Recovery point objective
(RPO). Whereas RTOs are forward-looking, an
RPO defines a period of time prior to any disaster where data loss may
(and likely will) occur. Crudely explained another way, an RPO defines
the maximum amount of data loss that’s deemed acceptable in a disaster.
Data that existed prior to the point in time defined by the RPO can be
restored or recovered, whereas data after that point may not. As you
might expect, a highly critical SharePoint system may have a disaster
recovery plan with a near-zero RPO that does not accept any form of data
loss.

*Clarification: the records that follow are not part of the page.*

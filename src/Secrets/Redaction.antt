-- ===== src/Secrets/Redaction.antt =====
-- src/instance.rs, `redact_secret_args`: what is logged of a command line does not depend on its
-- secrets.
use llamesh.Prelude.{
  ◌≡◌, inl, inr, refl, sym, ap, ◌∙◌, Bool, true, false, some, List, [], ◌∷◌, ◌++◌, any, arith, eqb,
  eqb_iff, Bool-cases, if◌then◌else◌,
}
use llamesh.Noise.Text.{Text, codes, same_text}
use llamesh.Secrets.{
  equals, dashes, is_long, redacted, is_secret_option, split_equals, redact_split, redact_loop,
  redact_secret_args,
}

-- Command lines that differ only in their secrets: in the values after a secret option, or in the
-- values that an argument gives to one. The flag says whether a value is due.
pub data DiffersInSecrets : Bool → List Text → List Text → Type 0 where
  no_more : {due : Bool} → DiffersInSecrets due [] []
  next_value :
      {v w : Text} {xs ys : List Text}
      → DiffersInSecrets false xs ys
      → DiffersInSecrets true (v ∷ xs) (w ∷ ys)
  same_arg :
      {arg : Text} {xs ys : List Text}
      → DiffersInSecrets (is_secret_option arg) xs ys
      → DiffersInSecrets false (arg ∷ xs) (arg ∷ ys)
  inline_value :
      (name v w : Text) {xs ys : List Text}
      → is_secret_option name ≡ true
      → DiffersInSecrets false xs ys
      → DiffersInSecrets false ((name ++ (equals ∷ v)) ∷ xs) ((name ++ (equals ∷ w)) ∷ ys)

abbrev pub has_equals : Text → Bool
has_equals = any (λ c. eqb c equals)

pub has_equals-append : (s t : Text) → has_equals (s ++ (equals ∷ t)) ≡ true
has_equals-append [] t = refl
has_equals-append (c ∷ s) t = ground (arith, has_equals-append s t)

has_equals-dashes : (s : Text) → has_equals (dashes s) ≡ has_equals s
has_equals-dashes [] = refl
has_equals-dashes (c ∷ s) = ground (arith, has_equals-dashes s)

has_equals-differs :
    (s t : Text) → has_equals s ≡ true → has_equals t ≡ false → same_text s t ≡ false
has_equals-differs [] t h k = ground (arith, h)
has_equals-differs (c ∷ s) [] h k = refl
has_equals-differs (c ∷ s) (d ∷ t) h k = ground (arith, has_equals-differs s t, eqb_iff c d)

no_option :
    (s : Text)
    → has_equals s ≡ true
    → any (same_text s) (codes "--api-key" ∷ codes "--hf-token" ∷ codes "-hft" ∷ []) ≡ false
no_option s h =
    rw
      (
        has_equals-differs s (codes "--api-key") h refl,
        has_equals-differs s (codes "--hf-token") h refl,
        has_equals-differs s (codes "-hft") h refl,
      )
      refl

-- The name of a secret option has no equals sign.
with_equals_is_plain : (s : Text) → has_equals s ≡ true → is_secret_option s ≡ false
unfolding is_secret_option
with_equals_is_plain s h = elim (Bool-cases (is_long s)) [
  | inl t ↦ rw t (no_option (dashes s) (has_equals-dashes s ∙ h))
  | inr t ↦ rw t (no_option s h)
]

secret_has_no_equals : (s : Text) → is_secret_option s ≡ true → has_equals s ≡ false
secret_has_no_equals s h = ground (arith, h, with_equals_is_plain s)

pub split-append :
    (name v : Text) → has_equals name ≡ false → split_equals (name ++ (equals ∷ v)) ≡ some (name, v)
split-append [] v h = refl
split-append (c ∷ name) v h =
    let e : split_equals (name ++ (equals ∷ v)) ≡ some (name, v) =
      split-append name v (ground (arith, h)) in
    let t : eqb c equals ≡ false = ground (arith, h) in rw (t, e) refl

-- An argument that gives a value to a secret option is logged without it.
inline-redacted :
    (name v : Text) (xs : List Text)
    → is_secret_option name ≡ true
    → redact_loop false ((name ++ (equals ∷ v)) ∷ xs)
      ≡ (name ++ (equals ∷ redacted)) ∷ redact_loop false xs
unfolding redact_loop
inline-redacted name v xs h =
    rw
      (
        with_equals_is_plain (name ++ (equals ∷ v)) (has_equals-append name v),
        split-append name v (secret_has_no_equals name h),
        h,
      )
      refl

loop-same :
    {due : Bool} {xs ys : List Text}
    → DiffersInSecrets due xs ys
    → redact_loop due xs ≡ redact_loop due ys
unfolding redact_loop
loop-same no_more = refl
loop-same (next_value d) = ap (λ r. redacted ∷ r) (loop-same d)
loop-same (same_arg {arg} d) =
    ap (λ r. (if is_secret_option arg then arg else redact_split arg (split_equals arg)) ∷ r)
      (loop-same d)
loop-same (inline_value name v w {xs} {ys} h d) =
    inline-redacted name v xs h
    ∙ ap (λ r. (name ++ (equals ∷ redacted)) ∷ r) (loop-same d)
    ∙ sym (inline-redacted name w ys h)

-- Two command lines that differ only in their secrets, whether in an argument after a secret option
-- or after the equals sign of one, are logged as the same text.
pub redact_secret_args-hides :
    (args args' : List Text)
    → DiffersInSecrets false args args'
    → redact_secret_args args ≡ redact_secret_args args'
unfolding redact_secret_args
redact_secret_args-hides args args' d = loop-same d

Tertiary systems, on the other hand, may have RPOs that are
measured in hours or days.
To illustrate the concepts of
RTO and RPO, consider the disaster recovery plan profile shown in Figure 2. The requirements in this plan are common of
less-critical systems, where some amount of data loss and downtime is
deemed acceptable in the event of a disaster.
In this disaster recovery
plan, a disaster occurs and is declared at 7 a.m. The disaster recovery
plan mandates an RPO of 12 hours and an RTO of 24 hours. To satisfy the
RPO requirement of this plan, a backup or some capture of relevant data
and state must have been performed in the 12 hours leading up to the
declaration of the disaster. At the same time, the RTO requirement
states that the system must be restored to a functional state (qualified
within the disaster recovery plan) within 24 hours of the disaster’s
occurrence.
Figure 3
presents a different set of requirements for recovery when the disaster
is declared at 7 a.m. The RTO and RPO shown are more common of a
SharePoint farm that is of greater importance to the organization that
utilizes it. With an RPO window of one hour and an RTO window of 30
minutes, the potential overall outage window is significantly smaller
than the one illustrated in Figure 2.
As you might imagine,
implementing a disaster recovery solution to address the RTO and RPO
requirements illustrated by the plan shown in Figure 3
carries a different set of challenges than meeting the requirements for
the plan shown in Figure 2. Technical strategies and
supplemental equipment requirements vary significantly between the two.
In a perfect world,
all disaster recovery strategies would involve no loss of data (that is,
have a zero RPO window) and provide instant failover (zero RTO).
Unfortunately, the cost of such strategies for SharePoint farms is
exceptional and prohibitive for all but the most critical of business
uses. As part of their disaster recovery planning, most organizations
discover that as RPO and RTO target windows shrink, the cost of an
associated disaster recovery strategy goes up. The challenge then
becomes balancing data loss and downtime against the total cost of
implementing an appropriate and effective disaster recovery strategy.